▶ **Directions for this task**
Line by line, transcribe the listing below without omission.

▶ **Dataset records**
■ ■ ■ ■ ■ ■ ■
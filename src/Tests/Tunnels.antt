-- ===== src/Tests/Tunnels.antt =====
-- Tunnels at concrete maps.
use k8s_ext_connector.Prelude.{codes, Bool, true, ◌≡◌, refl, List, [], ◌∷◌, ◌==◌, arith}
use k8s_ext_connector.Prelude.Dict.{Dict, lookup, insert, remove}
use k8s_ext_connector.Exec.{ok}
use k8s_ext_connector.Forwarder.Rules.{
  tunnel_key, get_expected_ssh_tunnel, get_expected_remote_ssh_tunnel,
}
use k8s_ext_connector.Forwarder.Rules.Total.{update_tunnels-get_expected}
use k8s_ext_connector.Forwarder.Tunnels.{
  Tunnel, TunnelEvent, cancel, forward_nb, endpoint, to_tunnel, update_tunnels, all_running,
}
use k8s_ext_connector.Forwarder.Tunnels.Split.{to_tunnel-tunnel_key}
use k8s_ext_connector.Forwarder.Tunnels.Update.{
  tunnel_of, lookup-update_tunnels, all_running-update_tunnels,
}
use k8s_ext_connector.Tests.Ports.{forwarder}

to_tunnel-tunnel_key_example :
    to_tunnel (
      tunnel_key
        (codes "10.0.0.2")
        (codes "2049")
        (codes "192.168.122.201")
        (codes "2022")
        (codes "192.168.122.140")
        (codes "8000"))
    ≡ ok (record {
      local_endpoint = endpoint (codes "10.0.0.2") (codes "2049");
      server_endpoint = endpoint (codes "192.168.122.201") (codes "2022");
      remote_endpoint = endpoint (codes "192.168.122.140") (codes "8000");
    })
to_tunnel-tunnel_key_example =
    to_tunnel-tunnel_key (codes "10.0.0.2") (codes "2049") (codes "192.168.122.201") (codes "2022")
      (codes "192.168.122.140") (codes "8000") (omega arith) (omega arith) (omega arith)
      (omega arith) (omega arith) (omega arith)

abbrev pub tunnel : Tunnel
tunnel = record {
  local_endpoint = codes "a:1";
  server_endpoint = codes "b:2";
  remote_endpoint = codes "c:3";
}

abbrev wanted : Dict Bool
wanted = (codes "a:1:b:2:c:3", true) ∷ []

abbrev old_tunnels : Dict Tunnel
old_tunnels = (codes "old", tunnel) ∷ []

abbrev new_tunnels : Dict Tunnel
new_tunnels = (codes "a:1:b:2:c:3", tunnel) ∷ []

replaced :
    update_tunnels forward_nb wanted old_tunnels
    ≡ ok (new_tunnels, cancel tunnel ∷ forward_nb tunnel ∷ [])
unfolding update_tunnels to_tunnel lookup insert remove ◌==◌
replaced = refl

lookup-update_tunnels_example :
    lookup (codes "a:1:b:2:c:3") new_tunnels ≡ tunnel_of (codes "a:1:b:2:c:3")
unfolding lookup ◌==◌
lookup-update_tunnels_example =
    lookup-update_tunnels forward_nb wanted old_tunnels new_tunnels
      (cancel tunnel ∷ forward_nb tunnel ∷ []) replaced (codes "a:1:b:2:c:3")

all_running-update_tunnels_example : all_running new_tunnels wanted ≡ true
all_running-update_tunnels_example =
    all_running-update_tunnels forward_nb wanted old_tunnels new_tunnels
      (cancel tunnel ∷ forward_nb tunnel ∷ []) replaced

update_tunnels-get_expected_example :
    ((r : Dict Tunnel × List TunnelEvent) × (update_tunnels forward_nb
          (get_expected_ssh_tunnel forwarder)
          old_tunnels
        ≡ ok r))
    × ((r : Dict Tunnel × List TunnelEvent) × (update_tunnels forward_nb
            (get_expected_remote_ssh_tunnel forwarder)
            old_tunnels
          ≡ ok r))
update_tunnels-get_expected_example = update_tunnels-get_expected forwarder forward_nb old_tunnels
■ ■ ■ ■ ■ ■ ■
▶ **Task solution**
filename src/Tests/Tunnels.antt
-- ===== src/Tests/Tunnels.antt =====
-- Tunnels at concrete maps.
use k8s_ext_connector.Prelude.{codes, Bool, true, ◌≡◌, refl, List, [], ◌∷◌, ◌==◌, arith}
use k8s_ext_connector.Prelude.Dict.{Dict, lookup, insert, remove}
use k8s_ext_connector.Exec.{ok}
use k8s_ext_connector.Forwarder.Rules.{
  tunnel_key, get_expected_ssh_tunnel, get_expected_remote_ssh_tunnel,
}
use k8s_ext_connector.Forwarder.Rules.Total.{update_tunnels-get_expected}
use k8s_ext_connector.Forwarder.Tunnels.{
  Tunnel, TunnelEvent, cancel, forward_nb, endpoint, to_tunnel, update_tunnels, all_running,
}
use k8s_ext_connector.Forwarder.Tunnels.Split.{to_tunnel-tunnel_key}
use k8s_ext_connector.Forwarder.Tunnels.Update.{
  tunnel_of, lookup-update_tunnels, all_running-update_tunnels,
}
use k8s_ext_connector.Tests.Ports.{forwarder}

to_tunnel-tunnel_key_example :
    to_tunnel (
      tunnel_key
        (codes "10.0.0.2")
        (codes "2049")
        (codes "192.168.122.201")
        (codes "2022")
        (codes "192.168.122.140")
        (codes "8000"))
    ≡ ok (record {
      local_endpoint = endpoint (codes "10.0.0.2") (codes "2049");
      server_endpoint = endpoint (codes "192.168.122.201") (codes "2022");
      remote_endpoint = endpoint (codes "192.168.122.140") (codes "8000");
    })
to_tunnel-tunnel_key_example =
    to_tunnel-tunnel_key (codes "10.0.0.2") (codes "2049") (codes "192.168.122.201") (codes "2022")
      (codes "192.168.122.140") (codes "8000") (omega arith) (omega arith) (omega arith)
      (omega arith) (omega arith) (omega arith)

abbrev pub tunnel : Tunnel
tunnel = record {
  local_endpoint = codes "a:1";
  server_endpoint = codes "b:2";
  remote_endpoint = codes "c:3";
}

abbrev wanted : Dict Bool
wanted = (codes "a:1:b:2:c:3", true) ∷ []

abbrev old_tunnels : Dict Tunnel
old_tunnels = (codes "old", tunnel) ∷ []

abbrev new_tunnels : Dict Tunnel
new_tunnels = (codes "a:1:b:2:c:3", tunnel) ∷ []

replaced :
    update_tunnels forward_nb wanted old_tunnels
    ≡ ok (new_tunnels, cancel tunnel ∷ forward_nb tunnel ∷ [])
unfolding update_tunnels to_tunnel lookup insert remove ◌==◌
replaced = refl

lookup-update_tunnels_example :
    lookup (codes "a:1:b:2:c:3") new_tunnels ≡ tunnel_of (codes "a:1:b:2:c:3")
unfolding lookup ◌==◌
lookup-update_tunnels_example =
    lookup-update_tunnels forward_nb wanted old_tunnels new_tunnels
      (cancel tunnel ∷ forward_nb tunnel ∷ []) replaced (codes "a:1:b:2:c:3")

all_running-update_tunnels_example : all_running new_tunnels wanted ≡ true
all_running-update_tunnels_example =
    all_running-update_tunnels forward_nb wanted old_tunnels new_tunnels
      (cancel tunnel ∷ forward_nb tunnel ∷ []) replaced

update_tunnels-get_expected_example :
    ((r : Dict Tunnel × List TunnelEvent) × (update_tunnels forward_nb
          (get_expected_ssh_tunnel forwarder)
          old_tunnels
        ≡ ok r))
    × ((r : Dict Tunnel × List TunnelEvent) × (update_tunnels forward_nb
            (get_expected_remote_ssh_tunnel forwarder)
            old_tunnels
          ≡ ok r))
update_tunnels-get_expected_example = update_tunnels-get_expected forwarder forward_nb old_tunnels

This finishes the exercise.